# Alum Creek muskie report



## michael.redmon (Aug 27, 2010)

Fished the 9th and the 11th for 6 hours each day.

Used a Strike King deep diving 4 inch lure, dives 15ft. Also used a 6 inch 4ft diving crankbait. Fished south and north of Chesire road. Even went past 37 on the the 11th. No luck either day.

lots of fish on the fish finder. 32 feet of water, suspended 10-20ft down. 

Some guy trolling north of 37 said he caught 2 muskies up that way, not sure what lures he was using.


----------



## Marshall (Apr 11, 2004)

Fished alum friday, used a lipless crankbait, runs whatever depth you want depending on how fast you crank. Caught a musky. Was heading over to fish another spot and had my jig dragging alond side the boat , wham caught another musky. Not too hard at this lake, its like catching bluegill! Sometimes these fish ar overthought, they are way easier to catch at alum than a bass.


----------



## MDBuckeye (Sep 29, 2009)

FWIW, I saw a big fish that went airborne and shook the bait of some guys trolling for them last Thursday in the lower portion of the lake. We spent a few hours doing the same with no luck though.


----------



## crittergitter (Jun 9, 2005)

The Central Ohio Musky Inc club had a tourney there this past weekend. 35 anglers registered for the 2 day event and 30 musky were caught. The winner caught 4 musky and the biggest, I think, was 45.5"s. I was not in on it as I had to work.


----------



## bman (Apr 20, 2009)

Man, I hope all you muskie guys realize how good you have it at Alum. There are just plain ridiculous muskie numbers currently in Alum. I have fished many, many Northern Wisconsin class A muskie lakes and only once did hookup on more than one and that was fishing specifically for skis all day long from dawn to dusk. Here at Alum, it's very odd that I don't at least get a bite off each time I fish. I've had as many as three on more than a few occassions. And when I go to Alum, it's often not more than 5-6 hours of fishing. And they seem to bite anything...traps, spinnerbaits, topwater, swimbaits, tubes, deep diving cranks - all baits I have caught/hooked Alum muskies on.

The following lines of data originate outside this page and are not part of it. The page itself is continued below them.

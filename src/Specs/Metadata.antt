-- ===== src/Specs/Metadata.antt =====
-- cli/internal/specs/v0/metadata.go: the part of a spec that names a plugin.
use cloudquery_fork4devin.Base.{
  Bool, true, String, List, [], ◌∷◌, Option, none, some, ◌==◌, contains, if◌then◌else◌, concat,
  has_prefix,
}
use cloudquery_fork4devin.Specs.Registry
use cloudquery_fork4devin.Specs.Registry.{
  Registry, unset, github, local, grpc, docker, cloudquery, need_version, eqb,
}

pub record Metadata : Type 0 where
  pub name : String
  pub version : String
  pub path : String
  pub registry : Registry
  pub docker_registry_auth_token : String
  pub registry_inferred : Bool

unfoldable pub version_string : Metadata → String
unfolding Registry.to_string
version_string m = elim m.registry [
  | cloudquery ↦ concat (m.name ∷ " (" ∷ m.path ∷ "@" ∷ m.version ∷ ")" ∷ [])
  | local ↦ concat (m.name ∷ " (" ∷ Registry.to_string m.registry ∷ "@" ∷ m.path ∷ ")" ∷ [])
  | grpc ↦ concat (m.name ∷ " (" ∷ Registry.to_string m.registry ∷ "@" ∷ m.path ∷ ")" ∷ [])
  | _ ↦
      concat
        (m.name ∷ "@" ∷ Registry.to_string m.registry ∷ " (" ∷ m.path ∷ "@" ∷ m.version ∷ ")" ∷ [])
]

-- The errors of `Validate`; `path_required` has the plugin's name where the message has the hint.
pub data MetadataError : Type 0 where
  name_required version_required version_without_v : MetadataError
  path_required : Option String → MetadataError

abbrev pub official_plugins : List String
official_plugins =
    "aws" ∷ "azure" ∷ "gcp" ∷ "digitalocean" ∷ "github" ∷ "heroku" ∷ "k8s" ∷ "okta" ∷ "terraform"
    ∷ "cloudflare" ∷ "postgresql" ∷ "csv" ∷ "clickhouse" ∷ []

-- The name, where the message for a missing path ends in the hint.
unfoldable pub hinted : String → Option String
hinted name = if contains official_plugins name then some name else none

unfoldable pub validate : Metadata → Option MetadataError
unfolding need_version
validate m =
    if m.name == ""
    then some name_required
    else if m.path == ""
    then some (path_required (hinted m.name))
    else if need_version m.registry
    then (if m.version == ""
        then some version_required
        else if has_prefix m.version "v"
        then none
        else some version_without_v)
    else none

unfoldable pub set_defaults : Metadata → Metadata
set_defaults m =
    if eqb m.registry unset then record m { registry = cloudquery; registry_inferred = true } else m
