-- ===== src/Specs/WriteMode.antt =====
-- cli/internal/specs/v0/write_mode.go
use cloudquery_fork4devin.Base.{String, List, [], ◌∷◌, Option, Result}
use cloudquery_fork4devin.Specs.Enums.{
  EnumError, invalid_write_mode, value_from, or_error, decode_with, quoted,
}

pub data WriteMode : Type 0 where
  overwrite_delete_stale overwrite append : WriteMode

-- The array `AllWriteModes`, which `String` indexes.
unfoldable pub to_string : WriteMode → String
to_string overwrite_delete_stale = "overwrite-delete-stale"
to_string overwrite = "overwrite"
to_string append = "append"

abbrev pub all_write_modes : List WriteMode
all_write_modes = overwrite_delete_stale ∷ overwrite ∷ append ∷ []

unfoldable pub from_string : String → Result EnumError WriteMode
unfolding to_string
from_string s = or_error (value_from to_string all_write_modes s) (invalid_write_mode s)

unfoldable pub marshal_json : WriteMode → String
unfolding to_string
marshal_json m = quoted (to_string m)

unfoldable pub unmarshal_json : (String → Option String) → String → Result EnumError WriteMode
unfolding from_string
unmarshal_json decode text = decode_with decode from_string text
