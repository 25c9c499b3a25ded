-- ===== src/Specs/MigrateMode.antt =====
-- cli/internal/specs/v0/migrate_mode.go
use cloudquery_fork4devin.Base.{String, List, [], ◌∷◌, Option, Result}
use cloudquery_fork4devin.Specs.Enums.{
  EnumError, invalid_migrate_mode, value_from, or_error, decode_with, quoted,
}

pub data MigrateMode : Type 0 where
  safe forced : MigrateMode

-- The array `AllMigrateModes`, which `String` indexes.
unfoldable pub to_string : MigrateMode → String
to_string safe = "safe"
to_string forced = "forced"

abbrev pub all_migrate_modes : List MigrateMode
all_migrate_modes = safe ∷ forced ∷ []

unfoldable pub from_string : String → Result EnumError MigrateMode
unfolding to_string
from_string s = or_error (value_from to_string all_migrate_modes s) (invalid_migrate_mode s)

unfoldable pub marshal_json : MigrateMode → String
unfolding to_string
marshal_json m = quoted (to_string m)

unfoldable pub unmarshal_json : (String → Option String) → String → Result EnumError MigrateMode
unfolding from_string
unmarshal_json decode text = decode_with decode from_string text
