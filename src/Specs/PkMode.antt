-- ===== src/Specs/PkMode.antt =====
-- cli/internal/specs/v0/pk_mode.go
use cloudquery_fork4devin.Base.{String, List, [], ◌∷◌, Option, Result}
use cloudquery_fork4devin.Specs.Enums.{
  EnumError, invalid_pk_mode, value_from, or_error, decode_with, quoted,
}

pub data PkMode : Type 0 where
  default_keys cqid : PkMode

-- The array `AllPKModes`, which `String` indexes.
unfoldable pub to_string : PkMode → String
to_string default_keys = "default"
to_string cqid = "cq-id-only"

abbrev pub all_pk_modes : List PkMode
all_pk_modes = default_keys ∷ cqid ∷ []

unfoldable pub from_string : String → Result EnumError PkMode
unfolding to_string
from_string s = or_error (value_from to_string all_pk_modes s) (invalid_pk_mode s)

unfoldable pub marshal_json : PkMode → String
unfolding to_string
marshal_json m = quoted (to_string m)

unfoldable pub unmarshal_json : (String → Option String) → String → Result EnumError PkMode
unfolding from_string
unmarshal_json decode text = decode_with decode from_string text
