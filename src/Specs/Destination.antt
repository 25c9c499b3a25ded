-- ===== src/Specs/Destination.antt =====
-- cli/internal/specs/v0/destination.go
use cloudquery_fork4devin.Base.{Bool, String, List, [], Option, none, some, Dict, replace_all}
use cloudquery_fork4devin.Base.Json
use cloudquery_fork4devin.Base.Json.{Object}
use cloudquery_fork4devin.Specs.Metadata
use cloudquery_fork4devin.Specs.Metadata.{Metadata, MetadataError}
use cloudquery_fork4devin.Specs.WriteMode.{WriteMode}
use cloudquery_fork4devin.Specs.MigrateMode.{MigrateMode}
use cloudquery_fork4devin.Specs.PkMode.{PkMode}

abbrev pub var_year : String
var_year = "{{YEAR}}"

abbrev pub var_month : String
var_month = "{{MONTH}}"

abbrev pub var_day : String
var_day = "{{DAY}}"

abbrev pub var_hour : String
var_hour = "{{HOUR}}"

abbrev pub var_minute : String
var_minute = "{{MINUTE}}"

abbrev pub var_sync_id : String
var_sync_id = "{{SYNC_ID}}"

pub record Destination : Type 0 where
  pub metadata : Metadata
  pub open metadata use *
  pub write_mode : WriteMode
  pub migrate_mode : MigrateMode
  pub pk_mode : PkMode
  pub sync_group_id : String
  pub sync_summary : Bool
  pub transformers : List String
  pub spec : Option Object

-- `GetWarnings`: none.
abbrev pub get_warnings : Destination → Dict String
get_warnings d = []

abbrev or_make : Option Object → Option Object
or_make none = some Json.empty
or_make (some o) = some o

unfoldable pub set_defaults : Destination → Destination
unfolding Metadata.set_defaults
set_defaults d = record d { metadata = Metadata.set_defaults d.metadata; spec = or_make d.spec }

unfoldable pub validate : Destination → Option MetadataError
unfolding Metadata.validate
validate d = Metadata.validate d.metadata

-- `RenderedSyncGroupId`. `format` is `t.Format` of the time `t`.
unfoldable pub rendered_sync_group_id : (String → String) → String → Destination → String
rendered_sync_group_id format sync_id d =
    let rendered = replace_all d.sync_group_id var_year (format "2006") in
    let rendered = replace_all rendered var_month (format "01") in
    let rendered = replace_all rendered var_day (format "02") in
    let rendered = replace_all rendered var_hour (format "15") in
    let rendered = replace_all rendered var_minute (format "04") in
    replace_all rendered var_sync_id sync_id
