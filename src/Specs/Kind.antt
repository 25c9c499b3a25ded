-- ===== src/Specs/Kind.antt =====
-- cli/internal/specs/v0/kind.go
use cloudquery_fork4devin.Base.{String, List, [], ◌∷◌, Option, Result}
use cloudquery_fork4devin.Specs.Enums.{
  EnumError, unknown_kind, value_from, or_error, decode_with, quoted,
}

pub data Kind : Type 0 where
  source destination transformer : Kind

-- The array `AllKinds`, which `String` indexes.
unfoldable pub to_string : Kind → String
to_string source = "source"
to_string destination = "destination"
to_string transformer = "transformer"

abbrev pub all_kinds : List Kind
all_kinds = source ∷ destination ∷ transformer ∷ []

unfoldable pub from_string : String → Result EnumError Kind
unfolding to_string
from_string s = or_error (value_from to_string all_kinds s) (unknown_kind s)

unfoldable pub marshal_json : Kind → String
unfolding to_string
marshal_json k = quoted (to_string k)

unfoldable pub unmarshal_json : (String → Option String) → String → Result EnumError Kind
unfolding from_string
unmarshal_json decode text = decode_with decode from_string text
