-- ===== src/Specs/EnumRoundTrip.antt =====
-- The names of the five enumerations of cli/internal/specs/v0 are read back as the values that they
-- name, through the `...FromString` functions and through JSON.
use cloudquery_fork4devin.Base.{
  ◌≡◌, refl, ◌↔◌, Bool, true, ◌&&◌, String, Option, none, some, List, Result, ok, leb, num_eq, not,
  code,
}
use cloudquery_fork4devin.Specs.Enums.{
  EnumError, value_from_sound, or_error, value_from, quoted, decode_with,
}
use cloudquery_fork4devin.Specs.Kind
use cloudquery_fork4devin.Specs.Registry
use cloudquery_fork4devin.Specs.WriteMode
use cloudquery_fork4devin.Specs.MigrateMode
use cloudquery_fork4devin.Specs.PkMode

Kind-round_trip : (k : Kind.Kind) → Kind.from_string (Kind.to_string k) ≡ ok k
unfolding Kind.from_string
Kind-round_trip Kind.source = refl
Kind-round_trip _ = refl

Registry-round_trip : (r : Registry.Registry) → Registry.from_string (Registry.to_string r) ≡ ok r
unfolding Registry.from_string
Registry-round_trip Registry.unset = refl
Registry-round_trip _ = refl

WriteMode-round_trip :
    (m : WriteMode.WriteMode) → WriteMode.from_string (WriteMode.to_string m) ≡ ok m
unfolding WriteMode.from_string
WriteMode-round_trip WriteMode.append = refl
WriteMode-round_trip _ = refl

MigrateMode-round_trip :
    (m : MigrateMode.MigrateMode) → MigrateMode.from_string (MigrateMode.to_string m) ≡ ok m
unfolding MigrateMode.from_string
MigrateMode-round_trip MigrateMode.safe = refl
MigrateMode-round_trip _ = refl

PkMode-round_trip : (m : PkMode.PkMode) → PkMode.from_string (PkMode.to_string m) ≡ ok m
unfolding PkMode.from_string
PkMode-round_trip PkMode.cqid = refl
PkMode-round_trip _ = refl

or_error-eq-ok :
    {A : Type 0} (o : Option A) (e : EnumError) {a : A} → or_error o e ≡ ok a → o ≡ some a
or_error-eq-ok none e h = cc
or_error-eq-ok (some a) e h = cc

from_string_sound :
    {A : Type 0} (name : A → String) (all : List A) (s : String) (e : EnumError) (a : A)
    → or_error (value_from name all s) e ≡ ok a
    → s ≡ name a
from_string_sound name all s e a h =
    value_from_sound name all s (or_error-eq-ok (value_from name all s) e h)

-- Each of the five functions accepts a text and gives a value exactly when the text is the name of
-- that value: no other text is accepted, and no two values share a name.
pub from_string_iff :
    (s : String)
    → ((k : Kind.Kind) → (Kind.from_string s ≡ ok k) ↔ (s ≡ Kind.to_string k))
      × ((r : Registry.Registry) → (Registry.from_string s ≡ ok r) ↔ (s ≡ Registry.to_string r))
      × ((m : WriteMode.WriteMode) → (WriteMode.from_string s ≡ ok m) ↔ (s ≡ WriteMode.to_string m))
      × ((m : MigrateMode.MigrateMode)
          → (MigrateMode.from_string s ≡ ok m) ↔ (s ≡ MigrateMode.to_string m))
      × ((m : PkMode.PkMode) → (PkMode.from_string s ≡ ok m) ↔ (s ≡ PkMode.to_string m))
unfolding Kind.from_string Registry.from_string WriteMode.from_string MigrateMode.from_string
    PkMode.from_string
from_string_iff s = (
  λ k. (from_string_sound Kind.to_string Kind.all_kinds s _ k, λ e. rw e (Kind-round_trip k)),
  λ r. (
    from_string_sound Registry.to_string Registry.all_registries s _ r,
    λ e. rw e (Registry-round_trip r),
  ),
  λ m. (
    from_string_sound WriteMode.to_string WriteMode.all_write_modes s _ m,
    λ e. rw e (WriteMode-round_trip m),
  ),
  λ m. (
    from_string_sound MigrateMode.to_string MigrateMode.all_migrate_modes s _ m,
    λ e. rw e (MigrateMode-round_trip m),
  ),
  λ m. (
    from_string_sound PkMode.to_string PkMode.all_pk_modes s _ m,
    λ e. rw e (PkMode-round_trip m),
  ),
)

-- No character of the text is escaped in a JSON string: printable ASCII but `"` and `\`.
abbrev pub is_plain : String → Bool
is_plain String.[] = true
is_plain (String.◌∷◌ c s) =
    leb 32 (code c)
    && leb (code c) 126
    && not (num_eq (code c) 34)
    && not (num_eq (code c) 92)
    && is_plain s

-- What `json.Unmarshal` into a string does to a text with nothing to unescape.
abbrev pub DecodesPlain : (String → Option String) → Type 0
DecodesPlain decode = (s : String) → is_plain s ≡ true → decode (quoted s) ≡ some s

names_plain :
    ((k : Kind.Kind) → is_plain (Kind.to_string k) ≡ true)
    × ((r : Registry.Registry) → is_plain (Registry.to_string r) ≡ true)
    × ((m : WriteMode.WriteMode) → is_plain (WriteMode.to_string m) ≡ true)
    × ((m : MigrateMode.MigrateMode) → is_plain (MigrateMode.to_string m) ≡ true)
    × ((m : PkMode.PkMode) → is_plain (PkMode.to_string m) ≡ true)
unfolding Kind.to_string Registry.to_string WriteMode.to_string MigrateMode.to_string
    PkMode.to_string
names_plain = (
  elim [ Kind.source ↦ refl | _ ↦ refl ],
  elim [ Registry.unset ↦ refl | _ ↦ refl ],
  elim [ WriteMode.append ↦ refl | _ ↦ refl ],
  elim [ MigrateMode.safe ↦ refl | _ ↦ refl ],
  elim [ PkMode.cqid ↦ refl | _ ↦ refl ],
)

module _ (decode : String → Option String) (plain : DecodesPlain decode) where
  decode_with-quoted :
      {A : Type 0} (name : A → String) (from_string : String → Result EnumError A)
      → ((a : A) → from_string (name a) ≡ ok a)
      → ((a : A) → is_plain (name a) ≡ true)
      → (a : A) → decode_with decode from_string (quoted (name a)) ≡ ok a
  decode_with-quoted name from_string back named a =
      rw (plain (name a) (named a), decode_with) (back a)

  -- Where `json.Unmarshal` reads a plain quoted text as the text, what `MarshalJSON` writes of a
  -- value of any of the five enumerations, `UnmarshalJSON` reads back as that value.
  pub json_round_trip :
      ((k : Kind.Kind) → Kind.unmarshal_json decode (Kind.marshal_json k) ≡ ok k)
      × ((r : Registry.Registry) → Registry.unmarshal_json decode (Registry.marshal_json r) ≡ ok r)
      × ((m : WriteMode.WriteMode)
          → WriteMode.unmarshal_json decode (WriteMode.marshal_json m) ≡ ok m)
      × ((m : MigrateMode.MigrateMode)
          → MigrateMode.unmarshal_json decode (MigrateMode.marshal_json m) ≡ ok m)
      × ((m : PkMode.PkMode) → PkMode.unmarshal_json decode (PkMode.marshal_json m) ≡ ok m)
  unfolding Kind.unmarshal_json Kind.marshal_json Registry.unmarshal_json Registry.marshal_json
      WriteMode.unmarshal_json WriteMode.marshal_json MigrateMode.unmarshal_json
      MigrateMode.marshal_json PkMode.unmarshal_json PkMode.marshal_json
  json_round_trip = (
    decode_with-quoted Kind.to_string Kind.from_string Kind-round_trip names_plain.0,
    decode_with-quoted Registry.to_string Registry.from_string Registry-round_trip names_plain.1,
    decode_with-quoted WriteMode.to_string WriteMode.from_string WriteMode-round_trip names_plain.2,
    decode_with-quoted MigrateMode.to_string MigrateMode.from_string MigrateMode-round_trip
        names_plain.3,
    decode_with-quoted PkMode.to_string PkMode.from_string PkMode-round_trip names_plain.4,
  )
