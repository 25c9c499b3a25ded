-- ===== src/Specs/MetadataChecks.antt =====
-- What `Metadata.Validate` and `Metadata.SetDefaults` establish.
use cloudquery_fork4devin.Base.{
  refl, sym, subst, ◌≡◌, ◌≢◌, ◌↔◌, true, false≢true, String, none, arith, eq_iff, has_prefix,
}
use cloudquery_fork4devin.Specs.Registry.{unset, cloudquery, need_version}
use cloudquery_fork4devin.Specs.Metadata.{Metadata, validate, set_defaults}

-- The metadata is complete: a name, a path, and a version that starts with v where the registry
-- needs one.
pub record IsComplete (m : Metadata) : Type 0 where
  pub named : m.name ≢ ""
  pub located : m.path ≢ ""
  pub versioned : need_version m.registry ≡ true → has_prefix m.version "v" ≡ true

has_prefix-v-ne : (s : String) → has_prefix s "v" ≡ true → s ≢ ""
has_prefix-v-ne s h e = false≢true (rw e at h)

-- `Validate` gives no error exactly for complete metadata.
pub validate_iff : (m : Metadata) → (validate m ≡ none) ↔ IsComplete m
unfolding validate
validate_iff m = (
  λ h. record {
    named = ground (arith, eq_iff m.name "");
    located = ground (arith, eq_iff m.name "", eq_iff m.path "");
    versioned = ground (arith, eq_iff m.name "", eq_iff m.path "");
  },
  λ c.
      ground
        (arith, eq_iff m.name "", eq_iff m.path "", eq_iff m.version "", has_prefix-v-ne m.version),
)

-- The metadata is complete when its registry is the one of CloudQuery.
pub record IsCompleteForCloud (m : Metadata) : Type 0 where
  pub named : m.name ≢ ""
  pub located : m.path ≢ ""
  pub versioned : has_prefix m.version "v" ≡ true

validate-cloudquery :
    (m : Metadata) → m.registry ≡ cloudquery → (validate m ≡ none) ↔ IsCompleteForCloud m
unfolding need_version
validate-cloudquery m e = (
  λ h.
      let c = (validate_iff m).0 h in
      record { named = c.named; located = c.located; versioned = c.versioned (rw e refl) },
  λ c.
      (validate_iff m).1
        (record { named = c.named; located = c.located; versioned = λ n. c.versioned }),
)

unset_defaults :
    (m : Metadata)
    → m.registry ≡ unset
    → set_defaults m ≡ record m { registry = cloudquery; registry_inferred = true }
unfolding set_defaults
unset_defaults m e = ground arith

-- After `SetDefaults` the registry is set. Where it was set before, nothing changes. Where it was not,
-- it is CloudQuery's, the flag says that it was inferred, and all else is kept; and `Validate` then
-- accepts exactly metadata that has a name, a path and a version that starts with v. A second call
-- changes nothing.
pub set_defaults_lem :
    (m : Metadata)
    → ((set_defaults m).registry ≢ unset)
      × (m.registry ≢ unset → set_defaults m ≡ m)
      × (m.registry ≡ unset
          → (set_defaults m ≡ record m { registry = cloudquery; registry_inferred = true })
            × ((validate (set_defaults m) ≡ none) ↔ IsCompleteForCloud m))
      × (set_defaults (set_defaults m) ≡ set_defaults m)
unfolding set_defaults
set_defaults_lem m = (
  ground arith,
  ground arith,
  λ e. (
    unset_defaults m e,
    let c =
          validate-cloudquery (record m { registry = cloudquery; registry_inferred = true }) refl in
        subst (λ n. (validate n ≡ none) ↔ IsCompleteForCloud m) (sym (unset_defaults m e))
          (
            λ h.
                let d = c.0 h in
                record { named = d.named; located = d.located; versioned = d.versioned },
            λ d. c.1 (record { named = d.named; located = d.located; versioned = d.versioned }),
          ),
  ),
  ground arith,
)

One of these days I will stop beating my head against the wall trying to catch a few Alum bass and just go with the flow with the muskies!


----------



## lordofthepunks (Feb 24, 2009)

if your not catching muskies at alum its because your fishing for them. if your targeting bass, your gonna catch some musky


----------



## Big Bad Will (Jul 9, 2004)

i could go out right now and bass fish and catch atleast 5 over 40 between spooks traps and spinnerbaits and i dont have to troll all day. i like the the good old days when guys used to brag about loosin 1 after a week of fishin. way to go ODNR keep stockin 3000 a year!


----------